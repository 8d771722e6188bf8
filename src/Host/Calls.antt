-- ===== src/Host/Calls.antt =====
-- Calls and interrupts return on flat memory.
use z80_python.Base.{◌&&◌, ◌≡◌, arith, false, inc16, ltb, refl, true}
use z80_python.Contract.{IsWf}
use z80_python.Control.{op_call, op_ret, op_retn, ret_iff}
use z80_python.Core.{inc_r, pop_word, push_word, read_operand_byte, read_operand_word}
use z80_python.Core.Lifecycle.{accept_non_maskable_interrupt}
use z80_python.Cpu.{Cpu}
use z80_python.Host.{Memory, done, flat, run}
use z80_python.Host.Stack.{popped_word, pushed, sp_back}
use z80_python.Prog.{◌>>=◌}

-- On flat memory, from registers within their widths, `op_call` for the unconditional CALL with PC
-- at its operand, and then `op_ret`, return: PC and WZ hold the address behind the operand, Q is
-- 0, every other register is as before, and memory has the word that was pushed.
pub op_ret-op_call :
    (s : Cpu) (m : Memory)
    → IsWf s
    → let next = inc16 (inc16 s.pc) in
      run flat (op_call 0xCD s >>= λ r. op_ret r.1) m
      ≡ (done (10, record s { pc = next; wz = next; q = 0 }), pushed next s.sp m)
unfolding run flat op_call op_ret read_operand_word read_operand_byte pop_word push_word
op_ret-op_call s m w =
    let next = inc16 (inc16 s.pc) in
    rw (sp_back s.sp w.sp-lt, popped_word next s.sp m (omega arith) w.sp-lt) refl

-- On flat memory, from registers within their widths, with an NMI pending and where the IFF2
-- erratum does not strike, the acceptance of the NMI and then `op_retn` return to the interrupted
-- PC with SP and IFF1 as they were; IFF2 then is IFF1 too, WZ is that PC, Q is 0, R has counted
-- one fetch, the CPU is not halted, the request is spent, and memory has the word that was pushed.
pub op_retn-accept_non_maskable_interrupt :
    (s : Cpu) (m : Memory)
    → IsWf s
    → s.non_maskable_interrupt_pending ≡ true
    → (s.ei_nmi_iff2_erratum && ltb 0 s.ei_delay) ≡ false
    → run flat (accept_non_maskable_interrupt s >>= λ r. op_retn r.1) m ≡ (
      done (
        14,
        record (inc_r s) {
          iff2 = s.iff1;
          wz = s.pc;
          q = 0;
          halted = false;
          non_maskable_interrupt_pending = false;
        },
      ),
      pushed s.pc s.sp m,
    )
unfolding run flat accept_non_maskable_interrupt op_retn ret_iff pop_word push_word inc_r
op_retn-accept_non_maskable_interrupt s m w requested spared =
    rw (requested, spared, sp_back s.sp w.sp-lt, popped_word s.pc s.sp m w.pc-lt w.sp-lt) refl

★ ★ ★ ★ ★ ★ ★

* _TASK REQUIREMENTS_
Quote the lines of the listing above that run from the line with "unfolding run flat accept_non_maskable_interrupt" through its last line, both included, and nothing else.

* _RESPONSE TO THE TASK_
unfolding run flat accept_non_maskable_interrupt op_retn ret_iff pop_word push_word inc_r
op_retn-accept_non_maskable_interrupt s m w requested spared =
    rw (requested, spared, sp_back s.sp w.sp-lt, popped_word s.pc s.sp m w.pc-lt w.sp-lt) refl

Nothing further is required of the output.